El acuerdo con Irán es absolutamente claro en una cuestión: la vaguedad tanto de su contenido como de sus objetivos. Y la presencia del canciller argentino en el Congreso no logró despejar las dudas que su articulado genera.
No se discute la buena voluntad del gobierno argentino ni la política de diálogo con Irán. Al contrario. El mundo cambió. La doctrina del choque de civilizaciones, que inspiró la guerra contra el terrorismo, mostró sus limitaciones en el nuevo escenario geopolítico. Entre ellas, haber sido diseñada sobre la base de la imposición de un pensamiento maniqueo según el cual el mundo se divide en países buenos y países “ejes del mal”. El diálogo cedió lugar a la fuerza, direccionada a través de prejuicios. La violencia no engendró más que violencia en una espiral sin fin.
Desde este punto de vista, es todo un posicionamiento ante el mundo reconocer el fracaso de la estrategia de la fuerza y priorizar el diálogo, reclamando un retorno a la diplomacia.
Pero ¿era éste el modo de avanzar respecto a la causa AMIA?
El acuerdo fue planteado por el gobierno argentino como un mecanismo para avanzar en la paralizada causa judicial que investiga el atentado contra la sede de la AMIA y, en especial, como una estrategia que permitiría interrogar a los cinco iraníes sobre quienes pesa una orden de captura de Interpol. Recordemos que se trata de personalidades altamente vinculadas al gobierno de Ahmanidejad, entre ellas, el ministro de Defensa, Ahmad Vahidi.
Aun si se presentaran ante las autoridades judiciales y éstas confirmaran las sospechas, ¿qué sucedería? No podrían ser extraditados porque no hay acuerdo que lo habilite. ¿Los entregarían a Intrerpol? ¿Irán los llevaría a prisión? ¿Qué impedirá que Irán actúe como lo ha hecho hasta ahora?

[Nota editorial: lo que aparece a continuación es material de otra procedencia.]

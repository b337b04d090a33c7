-- ===== src/Models/Action.antt =====
-- Approvals, action commands, executions and outcomes (src/promiseguard/models.py).
use promiseguard_ai.Prelude.{ℕ, Bool, Option, List}
use promiseguard_ai.Prelude.Int.{ℤ}
use promiseguard_ai.Prelude.Text.{String}
use promiseguard_ai.Models.Enums.{
  RecoveryAction, ApprovalStatus, ActionStatus, StepStatus, VerificationStatus, UserRole,
}
use promiseguard_ai.Models.Order.{SourceReference, Float}

pub record ApprovalRecord : Type 0 where
  pub approval_id : String
  pub decision_id : String
  pub requested_action : RecoveryAction
  pub status : ApprovalStatus
  pub requested_by : String
  pub requested_at : ℕ
  pub expires_at : ℕ
  pub decided_by : Option String
  pub decided_by_role : Option UserRole
  pub decision_reason : Option String
  pub decided_at : Option ℕ

pub record ApprovalDecisionInput : Type 0 where
  pub actor_id : String
  pub actor_role : UserRole
  pub reason : String

-- The dictionaries that the workflow writes into `ActionCommand.parameters`.
pub data ActionParameters : Type 0 where
  reroute_parameters : String → Option String → String → ℕ → ActionParameters
  carrier_parameters : String → String → ActionParameters
  split_parameters : Bool → ℕ → ActionParameters

pub record ActionCommand : Type 0 where
  pub decision_id : String
  pub order_id : String
  pub action : RecoveryAction
  pub idempotency_key : String
  pub requested_by : String
  pub approved_by : Option String
  pub expected_intervention_cost : ℕ
  pub parameters : ActionParameters

pub record ActionStepResult : Type 0 where
  pub sequence : ℕ
  pub step_name : String
  pub status : StepStatus
  pub attempted_at : ℕ
  pub completed_at : Option ℕ
  pub provider_reference : Option String
  pub release_reference : Option String
  pub error_code : Option String

pub record ActionExecution : Type 0 where
  pub action_id : String
  pub command : ActionCommand
  pub status : ActionStatus
  pub steps : List ActionStepResult
  pub started_at : ℕ
  pub completed_at : Option ℕ
  pub error_code : Option String
  pub manual_recovery_reason : Option String

pub record DeliveryObservation : Type 0 where
  pub order_id : String
  pub delivered_on_time : Bool
  pub observed_at : ℕ
  pub source_reference : SourceReference

pub record OutcomeVerification : Type 0 where
  pub outcome_id : String
  pub decision_id : String
  pub action_id : String
  pub status : VerificationStatus
  pub verified_at : ℕ
  pub on_time_delivery_observed : Option Bool
  pub actual_intervention_cost : ℕ
  pub realised_gross_margin : ℤ
  pub estimated_incremental_value : ℤ
  pub evidence_references : List SourceReference
  pub action_postcondition_holds : Bool
  pub expected_on_time_probability : Float
  pub execution_status : ActionStatus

Sin embargo, uno de los puntos más cuestionables es la llamada Comisión de la Verdad que será integrada por cinco juristas internacionales con el fin de analizar toda la documentación presentada por las autoridades judiciales de ambos países. El propio acuerdo refiere que “los comisionados llevarán adelante una revisión detallada de la evidencia relativa a cada uno de los acusados”. ¿Acaso tendrá la Comisión la facultad de desestimar lo actuado hasta el momento por la Justicia argentina? Sería un claro retroceso a riesgo de tejer un manto de impunidad.

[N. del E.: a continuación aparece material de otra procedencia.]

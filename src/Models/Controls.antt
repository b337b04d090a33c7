-- ===== src/Models/Controls.antt =====
-- The kill switch, autonomy profiles and their updates (src/promiseguard/models.py).
use promiseguard_ai.Prelude.{ℕ, Bool, Option}
use promiseguard_ai.Prelude.Text.{String}
use promiseguard_ai.Models.Enums.{RecoveryAction, UserRole, AutonomyLevel}

pub record KillSwitchState : Type 0 where
  pub active : Bool
  pub reason : String
  pub updated_by : String
  pub updated_at : ℕ
  pub version : ℕ

pub record KillSwitchUpdateInput : Type 0 where
  pub active : Bool
  pub actor_id : String
  pub actor_role : UserRole
  pub reason : String

pub record AutonomyProfile : Type 0 where
  pub action : RecoveryAction
  pub level : AutonomyLevel
  pub verified_successes : ℕ
  pub consecutive_verified_successes : ℕ
  pub compensation_count : ℕ
  pub failure_count : ℕ
  pub recommended_for_promotion : Bool
  pub reason : String
  pub last_evidence_at : Option ℕ
  pub updated_by : String
  pub updated_at : ℕ
  pub version : ℕ

pub record AutonomyUpdateInput : Type 0 where
  pub level : AutonomyLevel
  pub actor_id : String
  pub actor_role : UserRole
  pub reason : String
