-- ===== src/Models/Review.antt =====
-- Workflow states and the feedback of operators (src/promiseguard/models.py).
use promiseguard_ai.Prelude.{ℕ, Bool, Option}
use promiseguard_ai.Prelude.Text.{String}
use promiseguard_ai.Models.Enums.{UserRole}
use promiseguard_ai.Models.Decision.{DecisionTrace}
use promiseguard_ai.Models.Action.{ApprovalRecord, ActionExecution, OutcomeVerification}

pub record WorkflowState : Type 0 where
  pub decision : DecisionTrace
  pub approval : Option ApprovalRecord
  pub execution : Option ActionExecution
  pub outcome : Option OutcomeVerification

pub record OperatorFeedbackInput : Type 0 where
  pub actor_id : String
  pub actor_role : UserRole
  pub useful : Bool
  pub expected_outcome_matched : Option Bool
  pub comment : String

pub record OperatorFeedback : Type 0 where
  pub feedback_id : String
  pub decision_id : String
  pub actor_id : String
  pub actor_role : UserRole
  pub useful : Bool
  pub expected_outcome_matched : Option Bool
  pub comment : String
  pub created_at : ℕ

El Congreso argentino no puede aceptar la actuación de una comisión revisora sobre el poder judicial, sería inconstitucional y configuraría el delito de traición a la patria. A fin de cuentas, se trata de la concesión de la facultad de revisar lo actuado por la Justicia argentina. La propia denominación “Comisión de la Verdad” da lugar a confusión. ¿La Justicia argentina no es veraz?

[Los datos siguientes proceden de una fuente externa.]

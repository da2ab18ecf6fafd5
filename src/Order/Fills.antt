-- ===== src/Order/Fills.antt =====
-- The quantities that the loop of executeOrder (services/order-service/execution/scheduler.go)
-- stores.
use exbanka_4_backend.Shared.Tests.{
  ℕ, ◌+◌, ◌-◌, ◌≤◌, ◌≡◌, ◌==◌, false, Option, none, some, List, [], ◌∷◌, String, arith,
}
use exbanka_4_backend.Shared.Int.{ℤ}
use exbanka_4_backend.Shared.Float.{Float}
use exbanka_4_backend.Shared.Database.{Action, Outages, ⊤, update, row_cases}
use exbanka_4_backend.Shared.Ensures.{
  Ensures, answer_of, Ensures-try, Ensures-last, Ensures-attempt, Ensures-tried, ensures_rules,
}
use exbanka_4_backend.Order.State.{Order, Store}
use exbanka_4_backend.Order.Pricing.{determine_aon_fill_qty}
use exbanka_4_backend.Order.Approval.{update_order_status}
use exbanka_4_backend.Order.Execution.{
  Listing, Tick, fill_qty, insert_portion, update_remaining_portions, set_order_done, decline,
  finish, count_down, record_portion, record_fill, fill, round, execute_loop,
}
use exbanka_4_backend.Order.Within.{filled, IsWithin, settle-IsWithin, record_commission-IsWithin}

module _ (n : ℕ) (o : Order) where
  abbrev AtMost : Store → Type 0
  AtMost s = filled o.id s.portions ≤ n

  AtMost-of : (r : ℕ) (s : Store) → IsWithin o.id n r s → AtMost s
  AtMost-of r s h = omega (arith, h)

  update_order_status-AtMost :
      (st : String) (by : Option ℕ) (s : Store)
      → AtMost s
      → Ensures (λ _. AtMost) (update (update_order_status o.id st by)) s
  unfolding update_order_status
  update_order_status-AtMost st by s h = search (ensures_rules, h) depth 8

  decline-AtMost : (s : Store) → AtMost s → Ensures (λ _. AtMost) (decline o) s
  unfolding decline
  decline-AtMost s h = search (ensures_rules, Ensures-tried, update_order_status-AtMost, h) depth 8

  set_order_done-AtMost :
      (s : Store) → AtMost s → Ensures (λ _. AtMost) (update (set_order_done o.id)) s
  unfolding set_order_done
  set_order_done-AtMost s h = search (ensures_rules, h) depth 8

  finish-AtMost : (s : Store) → AtMost s → Ensures (λ _. AtMost) (finish o) s
  unfolding finish
  finish-AtMost s h = search (ensures_rules, Ensures-tried, set_order_done-AtMost, h) depth 8

  update_remaining-IsWithin :
      (r left : ℕ) (s : Store)
      → IsWithin o.id n r s
      → Ensures (λ _. IsWithin o.id n r) (update (update_remaining_portions o.id left)) s
  unfolding update_remaining_portions
  update_remaining-IsWithin r left s h = search (ensures_rules, h) depth 8

  -- What is left after the attempt to store a portion: the same if it failed.
  abbrev IsStored : ℕ → ℕ → Option ⊤ → Store → Type 0
  IsStored r qty none s = IsWithin o.id n r s
  IsStored r qty (some t) s = IsWithin o.id n (r - qty) s

  insert_portion-IsStored :
      (r qty : ℕ) (price : ℤ) (s : Store)
      → qty ≤ r
      → IsWithin o.id n r s
      → Ensures (λ a. IsStored r qty (answer_of a)) (update (insert_portion o.id qty price)) s
  unfolding insert_portion
  insert_portion-IsStored r qty price s small h = Ensures-last _ h (ground (arith, small, h))

  module _ (rest : ℕ → Action Store ⊤)
      (keeps : (r : ℕ) (s : Store) → IsWithin o.id n r s → Ensures (λ _. AtMost) (rest r) s) where
    count_down-AtMost :
        (left : ℕ) (s : Store)
        → IsWithin o.id n left s
        → Ensures (λ _. AtMost) (count_down o left rest) s
    unfolding count_down
    count_down-AtMost left s h =
        Ensures-attempt (IsWithin o.id n left) _ _ (update_remaining-IsWithin left left s h)
          (λ x s' k. search (ensures_rules, finish-AtMost, AtMost-of left, keeps, k) depth 8)

    stored-AtMost :
        (r qty : ℕ) (x : Option ⊤) (s : Store)
        → IsStored r qty x s
        → Ensures (λ _. AtMost) (row_cases x (rest r) (λ _. count_down o (r - qty) rest)) s
    unfolding row_cases
    stored-AtMost r qty none s h = keeps r s h
    stored-AtMost r qty (some t) s h = count_down-AtMost (r - qty) s h

    record_portion-AtMost :
        (r qty : ℕ) (price : ℤ) (s : Store)
        → qty ≤ r
        → IsWithin o.id n r s
        → Ensures (λ _. AtMost) (record_portion o r qty price rest) s
    unfolding record_portion
    record_portion-AtMost r qty price s small h =
        Ensures-try (IsStored r qty) _ _ (insert_portion-IsStored r qty price s small h)
          (λ x s' k. stored-AtMost r qty x s' k)

    record_fill-AtMost :
        (r qty : ℕ) (price commission : ℤ) (s : Store)
        → qty ≤ r
        → IsWithin o.id n r s
        → Ensures (λ _. AtMost) (record_fill o r qty price commission rest) s
    unfolding record_fill
    record_fill-AtMost r qty price commission s small h =
        Ensures-attempt (IsWithin o.id n r) _ _
          (record_commission-IsWithin o.id n r o commission s h)
          (λ x s' k. record_portion-AtMost r qty price s' small k)

    fill-AtMost :
        (fl : Float) (currency : String) (r : ℕ) (price : ℤ) (qty : ℕ) (s : Store)
        → qty ≤ r
        → IsWithin o.id n r s
        → Ensures (λ _. AtMost) (fill fl o currency r price rest qty) s
    unfolding fill
    fill-AtMost fl currency r price qty s small h =
        Ensures-attempt (IsWithin o.id n r) _ _ (settle-IsWithin o.id n r fl o _ _ currency s h)
          (λ x s' k.
            search (ensures_rules, decline-AtMost, AtMost-of r, record_fill-AtMost, small, k) depth
              8)

    fill_qty_le : (r draw qty : ℕ) → (r == 0) ≡ false → fill_qty o r draw ≡ some qty → qty ≤ r
    unfolding fill_qty determine_aon_fill_qty
    fill_qty_le r draw qty some_left e = ground (arith, some_left, e)

    round-AtMost :
        (fl : Float) (currency : String) (r draw : ℕ) (l : Listing) (s : Store)
        → (r == 0) ≡ false
        → IsWithin o.id n r s
        → Ensures (λ _. AtMost) (round fl o currency r draw rest l) s
    unfolding round
    round-AtMost fl currency r draw l s some_left h =
        search (ensures_rules, keeps, fill-AtMost, fill_qty_le, some_left, h) depth 8

  execute_loop-AtMost :
      (fl : Float) (currency : String) (ts : List Tick) (r : ℕ) (s : Store)
      → IsWithin o.id n r s
      → Ensures (λ _. AtMost) (execute_loop fl o currency ts r) s
  unfolding execute_loop
  execute_loop-AtMost fl currency [] r s h = search (ensures_rules, AtMost-of r, h) depth 8
  execute_loop-AtMost fl currency (t ∷ ts) r s h =
      let keeps = execute_loop-AtMost fl currency ts in
      search (ensures_rules, AtMost-of r, round-AtMost, keeps, h) depth 8

-- The portions that the loop stores for an order, together with those stored before, never add up
-- to more than the order's quantity, if what is left at the start is within it: in every run,
-- whatever the prices and draws are, whichever statements fail, and however long it has run.
pub execute_loop-filled :
    (fl : Float) (o : Order) (currency : String) (ts : List Tick) (s : Store) (out : Outages)
    → filled o.id s.portions + o.remaining_portions ≤ o.quantity
    → filled o.id (execute_loop fl o currency ts o.remaining_portions s out).1.portions ≤ o.quantity
execute_loop-filled fl o currency ts s out h =
    (execute_loop-AtMost o.quantity o fl currency ts o.remaining_portions s h).at out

Si la comisión hubiese sido asesora, orientada a garantizar que los interrogatorios se realicen conforme a derecho, estaríamos ante un avance. Pero, como vemos, no es el caso. ¿La Comisión será acaso una especie de tribunal internacional ad hoc? No se registran antecedentes en el mundo de tamaña concesión.
Aunque se tratara de una Comisión de la Verdad, la ONU ha afirmado que no reemplazan la necesidad de juicios y que hay que tener especial cuidado en su diseño. Para ello es fundamental aclarar una serie de cuestiones: plazos limitados, que la decisión sea fruto de un proceso amplio de consulta nacional (y no la imposición de una mayoría automática), una genuina voluntad política de búsqueda de la verdad, etc. Un sinfín de puntos pendientes y dudas para las que, lamentablemente, no tenemos respuesta.
La República Argentina sufrió dos atentados terroristas que a la fecha continúan impunes. La renuncia a la justicia es flagrante impunidad. Tal como está planteada en el proyecto enviado al Congreso, la comisión de la verdad parece ser, en suma, una concesión al olvido.